Please find all lines in the data that hold the string "FunctionQuote" and copy them.

(Collected data entries)
_ _ _ _
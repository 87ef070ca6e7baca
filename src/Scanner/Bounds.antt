-- ===== src/Scanner/Bounds.antt =====
-- Where the scanners of src/lib.rs stop: behind the place where they start and within the text.
use bbtidy.Base.{
  ℕ, ◌≤◌, ◌<◌, ◌≡◌, refl, Option, none, some, false, [], ◌∷◌, length, drop, Option-cases, inl, inr,
  arith, length-drop, drop-cons_lt,
}
use bbtidy.Text.{Text, find_byte, find_byte-lt}
use bbtidy.Text.Scan.{Move, scan, Kept, scan_inv}
use bbtidy.Scanner.Lines.{next_line_end, continuation_step, find_continuation_end}
use bbtidy.Scanner.Shell.{ScannerFunctionKind, shell, python}
use bbtidy.Scanner.Braces.{
  FunctionQuote, single, triple, Block, BlockEnd, quoted_move, plain_move, shell_move,
  unquoted_move, block_step, outside, find_brace_block_end,
}
use bbtidy.Scanner.Python.{
  fresh, PythonDefHeader, Header, header_round, def_line_start, python_def_header, PythonBody,
  body_round, find_python_def_end,
}

pub next_line_end_bounds :
    (s : Text) (start : ℕ)
    → start ≤ length s
    → (start ≤ next_line_end s start) × (next_line_end s start ≤ length s)
unfolding next_line_end
next_line_end_bounds s start h = elim (Option-cases (find_byte (drop start s) b'\n')) [
  | inl e ↦ ground (arith, e)
  | inr (k, e) ↦ ground (arith, e, find_byte-lt (drop start s) b'\n' k e, length-drop start s)
]

pub next_line_end_after : (s : Text) (start : ℕ) → start < length s → start < next_line_end s start
unfolding next_line_end
next_line_end_after s start h = ground arith

-- A position behind `start` and within the text, if there is one.
abbrev pub Within : Text → ℕ → Option ℕ → Type 0
Within s start none = Unit
Within s start (some e) = (start < e) × (e ≤ length s)

continuation_step-Kept :
    (s : Text) (start i c : ℕ) (cs : Text)
    → drop i s ≡ c ∷ cs
    → start ≤ i
    → Kept (λ j (_ : Unit {0}). start ≤ j) (Within s start) i (continuation_step s i (c ∷ cs) tt)
unfolding continuation_step
continuation_step-Kept s start i c cs e h =
    ground (arith, drop-cons_lt i s e, next_line_end_bounds s i, next_line_end_after s i)

pub find_continuation_end-Within :
    (s : Text) (start : ℕ) → start < length s → Within s start (find_continuation_end s start)
unfolding find_continuation_end
find_continuation_end-Within s start h =
    scan_inv (λ j (_ : Unit {0}). start ≤ j) (Within s start) (continuation_step s)
      (λ _. some (length s)) s (λ i c cs _ e p. continuation_step-Kept s start i c cs e p)
      (λ j _ l p. omega arith) start 0 tt (drop start s) refl (omega arith)

-- The closing brace lies behind the opening one, and the block ends behind it.
abbrev pub BlockWithin : Text → ℕ → BlockEnd → Type 0
BlockWithin s start none = Unit
BlockWithin s start (some (e, closing)) = (start ≤ closing) × (closing < e) × (e ≤ length s)

module _ (s : Text) (start i : ℕ) (inside : i < length s) (behind : start ≤ i) where
  abbrev Keeps : Move Block BlockEnd → Type 0
  Keeps m = Kept (λ j (_ : Block). start ≤ j) (BlockWithin s start) i m

  plain_move-Keeps :
      (kind : ScannerFunctionKind) (byte : ℕ) (b : Block) → Keeps (plain_move s kind i byte b)
  unfolding plain_move
  plain_move-Keeps kind byte b = ground (arith, next_line_end_bounds s i, next_line_end_after s i)

  quoted_move-Keeps :
      (kind : ScannerFunctionKind) (rest : Text) (q : FunctionQuote) (b : Block)
      → Keeps (quoted_move s kind i rest q b)
  unfolding quoted_move
  quoted_move-Keeps kind [] q b = omega arith
  quoted_move-Keeps kind (c ∷ cs) (single d) b = ground arith
  quoted_move-Keeps kind (c ∷ cs) (triple d) b = ground arith

  shell_move-Keeps : (byte : ℕ) (rest : Text) (b : Block) → Keeps (shell_move s i byte rest b)
  unfolding shell_move
  shell_move-Keeps byte rest b = ground (arith, plain_move-Keeps shell byte b)

  unquoted_move-Keeps :
      (kind : ScannerFunctionKind) (rest : Text) (b : Block) → Keeps (unquoted_move s kind i rest b)
  unfolding unquoted_move
  unquoted_move-Keeps kind [] b = omega arith
  unquoted_move-Keeps python (c ∷ cs) b = ground (arith, plain_move-Keeps python c b)
  unquoted_move-Keeps shell (c ∷ cs) b = ground (arith, shell_move-Keeps c (c ∷ cs) b)

  block_step-Keeps :
      (kind : ScannerFunctionKind) (rest : Text) (b : Block) → Keeps (block_step s kind i rest b)
  unfolding block_step
  block_step-Keeps kind [] b = omega arith
  block_step-Keeps kind (c ∷ cs) b = elim (Option-cases b.quote) [
    | inl e ↦ ground (arith, e, unquoted_move-Keeps kind (c ∷ cs) b)
    | inr (q, e) ↦ ground (arith, e, quoted_move-Keeps kind (c ∷ cs) q b)
  ]

-- A function body that is found ends within the source, and its closing brace lies between the
-- place where the scan starts and the end of the body.
pub find_brace_block_end-Within :
    (s : Text) (start : ℕ) (kind : ScannerFunctionKind)
    → BlockWithin s start (find_brace_block_end s start kind)
unfolding find_brace_block_end
find_brace_block_end-Within s start kind =
    scan_inv (λ j (_ : Block). start ≤ j) (BlockWithin s start) (block_step s kind) (λ _. none) s
      (λ i c cs b e p. block_step-Keeps s start i (drop-cons_lt i s e).0 p kind (c ∷ cs) b)
      (λ j _ l p. tt) start 0 outside (drop start s) refl (omega arith)

abbrev pub HeaderWithin : Text → ℕ → Option PythonDefHeader → Type 0
HeaderWithin s start none = Unit
HeaderWithin s start (some h) =
    (start ≤ h.def_start) × (h.def_start < h.header_end) × (h.header_end ≤ length s)

header_round-Kept :
    (s : Text) (d i c : ℕ) (cs : Text) (h : Header)
    → drop i s ≡ c ∷ cs
    → d ≤ i
    → Kept (λ j (_ : Header). d ≤ j) (HeaderWithin s d) i (header_round s d i (c ∷ cs) h)
unfolding header_round
header_round-Kept s d i c cs h e p =
    ground (arith, drop-cons_lt i s e, next_line_end_bounds s i, next_line_end_after s i)

def_line_start_bounds :
    (s : Text) (start : ℕ)
    → start ≤ length s
    → (d : ℕ) → def_line_start s start ≡ some d
    → start ≤ d
unfolding def_line_start
def_line_start_bounds s start h d e = ground (arith, next_line_end_bounds s start)

-- A Python header that is found begins at or behind the start, is not empty, and ends within the
-- source.
pub python_def_header-Within :
    (s : Text) (start : ℕ) → start ≤ length s → HeaderWithin s start (python_def_header s start)
unfolding python_def_header
python_def_header-Within s start h =
    go_on (def_line_start s start) (def_line_start_bounds s start h)
  where
    loosen :
        (d : ℕ) (r : Option PythonDefHeader)
        → start ≤ d
        → HeaderWithin s d r
        → HeaderWithin s start r
    loosen d none l w = tt
    loosen d (some r) l w = omega arith

    go_on :
        (found : Option ℕ)
        → ((d : ℕ) → found ≡ some d → start ≤ d)
        → HeaderWithin s start (elim found as (λ _. Option PythonDefHeader) [
          | none ↦ none
          | some d ↦
              scan
                (header_round s d)
                (λ _. none)
                d
                0
                (record { state = fresh; saw_header_token = false })
                (drop d s)
        ])
    go_on none f = tt
    go_on (some d) f = loosen d _ (f d refl) (
        scan_inv (λ j (_ : Header). d ≤ j) (HeaderWithin s d) (header_round s d) (λ _. none) s
          (λ i c cs k e p. header_round-Kept s d i c cs k e p) (λ j _ l p. tt) d 0 _ (drop d s) refl
          (omega arith))

body_round-Kept :
    (s : Text) (start i c : ℕ) (cs : Text) (b : PythonBody)
    → drop i s ≡ c ∷ cs
    → start ≤ i
    → Kept
        (λ j (_ : PythonBody). start ≤ j)
        (λ e. (start ≤ e) × (e ≤ length s))
        i
        (body_round s i (c ∷ cs) b)
unfolding body_round
body_round-Kept s start i c cs b e p = ground (arith, drop-cons_lt i s e)

pub find_python_def_end_bounds :
    (s : Text) (start : ℕ)
    → start ≤ length s
    → (start ≤ find_python_def_end s start) × (find_python_def_end s start ≤ length s)
unfolding find_python_def_end
find_python_def_end_bounds s start h =
    scan_inv (λ j (_ : PythonBody). start ≤ j) (λ e. (start ≤ e) × (e ≤ length s)) (body_round s)
      (λ _. length s) s (λ i c cs b e p. body_round-Kept s start i c cs b e p)
      (λ j _ l p. (h, omega arith)) start 0 _ (drop start s) refl (omega arith)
_ _ _ _
*RESPONSE*:
  FunctionQuote, single, triple, Block, BlockEnd, quoted_move, plain_move, shell_move,
      (kind : ScannerFunctionKind) (rest : Text) (q : FunctionQuote) (b : Block)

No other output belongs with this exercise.